[Collected data]
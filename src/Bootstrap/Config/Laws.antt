-- ===== src/Bootstrap/Config/Laws.antt =====
-- What an accepted configuration is, and what its digest covers.
use sovereignite.Base.{
  passes, String, Bytes, same, same-eq, to_lower, contains, codes, ℕ, zero, suc, ◌≤◌, ◌<◌, ◌-◌, ◌*◌,
  Bool, true, false, not, ◌&&◌, ◌||◌, none, some, List, [], ◌∷◌, ◌==◌, fail_if, fail_if-none,
  first_error, first_error-none, length, any, All, ◌≡◌, ◌⊎◌, inl, inr, refl, arith, if◌then◌else◌,
  ap, sym, drop, ==_iff,
}
use sovereignite.Bootstrap.Error.{Error, ok, unless-ok, or_err-ok, >>=-ok}
use sovereignite.Bootstrap.Identifier.{validate_pinned_identifier}
use sovereignite.Bootstrap.Identifier.Laws.{
  IsIdentifier, IsPinned, IsDigest, validate_required_identifier-IsIdentifier,
  validate_pinned_identifier-IsPinned, valid_sha256-IsDigest,
}
use sovereignite.Bootstrap.Config.{
  Artifact, Prefix, Configuration, Digests, Candidate, candidates, contracts, contains_private_key,
  names_crd, remove_ascii_whitespace, validate_operational_artifact, is_canonical_ula, masked,
  first_byte, envelope, artifact_checks, validate_artifact, candidate_checks, configuration_checks,
  configuration_digest, validate_configuration,
}

-- No kubeadm, and no CustomResourceDefinition of Sovereignite.
pub record IsOperational (content : Bytes) : Type 0 where
  pub no_kubeadm : contains (to_lower content) (codes "kubeadm") ≡ false
  pub no_crd :
      (names_crd (remove_ascii_whitespace (to_lower content)) ≡ false)
      ⊎ (contains (to_lower content) (codes "sovereignite") ≡ false)

operational_of :
    (k n s : Bool) (e f : Error)
    → (if k then some e else if n && s then some f else none) ≡ none
    → (k ≡ false) × ((n ≡ false) ⊎ (s ≡ false))
operational_of true n s e f h = cc
operational_of false true true e f h = cc
operational_of false true false e f h = (refl, inr refl)
operational_of false false s e f h = (refl, inl refl)

pub validate_operational_artifact-IsOperational :
    (a : Artifact) → validate_operational_artifact a ≡ none → IsOperational a.content
unfolding validate_operational_artifact
validate_operational_artifact-IsOperational a h =
    let (no_kubeadm, no_crd) = operational_of _ _ _ _ _ h in
    record { no_kubeadm = no_kubeadm; no_crd = no_crd }

module _ (d : Digests) where
  -- An artifact that stands for `name` at `version` (any, if that is empty).
  pub record IsAccepted (a : Artifact) (name version : Bytes) : Type 0 where
    pub named : a.name ≡ name
    pub pinned : IsPinned a.version
    pub selected : (version ≡ []) ⊎ (a.version ≡ version)
    pub nonempty : 0 < length a.content
    pub bounded : length a.content ≤ 16777216
    pub no_nul : any (λ c. c == 0) a.content ≡ false
    pub digest_form : IsDigest a.sha256
    pub digest : d.sha256_hex a.content ≡ a.sha256
    pub no_private_key : contains_private_key a.content ≡ false

  selected_of :
      (v w : Bytes) (e : Error)
      → fail_if (not (length w == 0) && not (same v w)) e ≡ none
      → (w ≡ []) ⊎ (v ≡ w)
  selected_of v [] e h = inl refl
  selected_of v (c ∷ w) e h = inr (same-eq v (c ∷ w) (ground arith))

  pub validate_artifact-IsAccepted :
      (a : Artifact) (name version : Bytes)
      → validate_artifact d a name version ≡ none
      → IsAccepted a name version
  unfolding validate_artifact
  validate_artifact-IsAccepted a name version h =
      let p = first_error-none (artifact_checks d a name version) h in
      let size = fail_if-none _ _ p.1.1.1.0 in
      record {
        named = same-eq _ _ (passes _ _ p.0);
        pinned = (validate_pinned_identifier-IsPinned "artifact version" a.version).0 p.1.0;
        selected = selected_of a.version version _ p.1.1.0;
        nonempty = ground (arith, size);
        bounded = ground (arith, size);
        no_nul = fail_if-none _ _ p.1.1.1.1.0;
        digest_form = (valid_sha256-IsDigest a.sha256).0 (passes _ _ p.1.1.1.1.1.0);
        digest = same-eq _ _ (passes _ _ p.1.1.1.1.1.1.0);
        no_private_key = fail_if-none _ _ p.1.1.1.1.1.1.1.0;
      }

  abbrev pub IsAcceptedCandidate : Candidate → Type 0
  IsAcceptedCandidate c =
      IsAccepted c.artifact c.expected_name c.expected_version × IsOperational c.artifact.content

  pub candidate_checks-IsAccepted :
      (cs : List Candidate)
      → All (λ r. r ≡ none) (candidate_checks d cs)
      → All IsAcceptedCandidate cs
  unfolding candidate_checks
  candidate_checks-IsAccepted [] h = tt
  candidate_checks-IsAccepted (c ∷ cs) h = (
    (
      validate_artifact-IsAccepted c.artifact c.expected_name c.expected_version h.0,
      validate_operational_artifact-IsOperational c.artifact h.1.0,
    ),
    candidate_checks-IsAccepted cs h.1.1,
  )

masked_zero : (v : Bytes) → All (λ b. b < 256) v → masked 0 v ≡ v → All (λ b. b ≡ 0) v
unfolding masked
masked_zero [] small h = tt
masked_zero (b ∷ v) small h =
    (omega (arith, ap first_byte h), masked_zero v small.1 (ap (drop 1) h))

-- The mask keeps whole bytes first.
masked_rest : (k : ℕ) (v : Bytes) → masked (k * 8) v ≡ v → masked 0 (drop k v) ≡ drop k v
unfolding masked
masked_rest zero v h = h
masked_rest (suc k) [] h = refl
masked_rest (suc k) (b ∷ v) h = masked_rest k v (rw (suc_eight k) at (ap (drop 1) h))
  where
    suc_eight : (k : ℕ) → suc k * 8 - 8 ≡ k * 8
    suc_eight k = omega arith

All-drop : (k : ℕ) (v : Bytes) → All (λ b. b < 256) v → All (λ b. b < 256) (drop k v)
All-drop zero v h = h
All-drop (suc k) [] h = tt
All-drop (suc k) (b ∷ v) h = All-drop k v h.1

-- An fd00::/8 prefix of 48 bits: from the seventh byte on the address is zero.
pub record IsCanonicalUla (p : Prefix) : Type 0 where
  pub is_six : p.is6 ≡ true
  pub bits : p.bits ≡ 48
  pub local : first_byte p.addr ≡ 0xFD
  pub host_zero : All (λ b. b < 256) p.addr → All (λ b. b ≡ 0) (drop 6 p.addr)

ula_parts :
    (a b c d e : Bool)
    → not (not a || not b || not c || not d || not e) ≡ true
    → (a ≡ true) × (b ≡ true) × (c ≡ true) × (d ≡ true) × (e ≡ true)
ula_parts a b c d e h = ground arith

pub is_canonical_ula-IsCanonicalUla : (p : Prefix) → is_canonical_ula p ≡ true → IsCanonicalUla p
unfolding is_canonical_ula
is_canonical_ula-IsCanonicalUla p h =
    let (_, six, width, canonical, local) = ula_parts _ _ _ _ _ h in
    let width_48 : p.bits ≡ 48 = (==_iff p.bits 48).0 width in
    let same_masked : masked 48 p.addr ≡ p.addr =
      sym (rw width_48 at (same-eq p.addr (masked p.bits p.addr) canonical)) in
    record {
      is_six = six;
      bits = width_48;
      local = (==_iff (first_byte p.addr) 0xFD).0 local;
      host_zero = λ small. masked_zero _ (All-drop 6 _ small) (masked_rest 6 p.addr same_masked);
    }

module _ (d : Digests) where
  -- What `validate_configuration` promises of a configuration and the digest that it returns.
  pub record IsAcceptedConfiguration (c : Configuration) (digest : Bytes) : Type 0 where
    pub pinned : IsPinned c.bootstrap_version
    pub pinned_versions :
        IsPinned c.versions.kubernetes
        × IsPinned c.versions.calico
        × IsPinned c.versions.istio
        × IsPinned c.versions.spire
        × IsPinned c.versions.dex
    pub ula : IsCanonicalUla c.ula
    pub reference : IsIdentifier c.tpm_device_key_reference
    pub reference_used : contains c.artifacts.spire.content c.tpm_device_key_reference ≡ true
    pub artifacts : All (IsAcceptedCandidate d) (candidates c)
    pub authority : All (IsAcceptedCandidate d) (contracts c)
    pub bound : (e : Bytes) × (d.marshal (envelope c) ≡ some e) × (digest ≡ d.sha256_hex e)

  configuration_digest-bound :
      (c : Configuration) (digest : Bytes)
      → configuration_digest d c ≡ ok digest
      → (e : Bytes) × (d.marshal (envelope c) ≡ some e) × (digest ≡ d.sha256_hex e)
  unfolding configuration_digest
  configuration_digest-bound c digest h =
      let (e, marshalled, hashed) = >>=-ok _ _ h in (e, or_err-ok _ _ marshalled, ground arith)

  pub validate_configuration-IsAccepted :
      (c : Configuration) (digest : Bytes)
      → validate_configuration d c ≡ ok digest
      → IsAcceptedConfiguration c digest
  unfolding validate_configuration
  validate_configuration-IsAccepted c digest h =
      let (passed, digested) =
        unless-ok (first_error (configuration_checks d c)) (configuration_digest d c) h in
      let p = first_error-none (configuration_checks d c) passed in
      let pinned = λ (v : Bytes) (name : String) (e : validate_pinned_identifier name v ≡ none).
        (validate_pinned_identifier-IsPinned name v).0 e in
      record {
        pinned = pinned _ _ p.0;
        pinned_versions = (
          pinned _ _ p.1.0,
          pinned _ _ p.1.1.0,
          pinned _ _ p.1.1.1.0,
          pinned _ _ p.1.1.1.1.0,
          pinned _ _ p.1.1.1.1.1.0,
        );
        ula = is_canonical_ula-IsCanonicalUla c.ula (passes _ _ p.1.1.1.1.1.1.0);
        reference = (validate_required_identifier-IsIdentifier _ _).0 p.1.1.1.1.1.1.1.0;
        artifacts =
            candidate_checks-IsAccepted d (candidates c) (first_error-none _ p.1.1.1.1.1.1.1.1.0);
        reference_used = passes _ _ p.1.1.1.1.1.1.1.1.1.0;
        authority =
            candidate_checks-IsAccepted d (contracts c)
              (first_error-none _ p.1.1.1.1.1.1.1.1.1.1.0);
        bound = configuration_digest-bound c digest digested;
      }
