-- ===== src/Bootstrap/Coordinator.antt =====
-- internal/bootstrap/cluster.go: the coordinator. Its children follow the file: the requests that it
-- makes, the calls that execute and verify a step, the commits to the journal, and `StartBootstrap`.
pub mod Agreement
pub mod Requests
pub mod Execute
pub mod Verify
pub mod Commit
pub mod Start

§ **Exercise**
Which of the lines above hold the word "named"? Copy each one.

§ **Exercise solution**
    pub named : a.name ≡ name
        named = same-eq _ _ (passes _ _ p.0);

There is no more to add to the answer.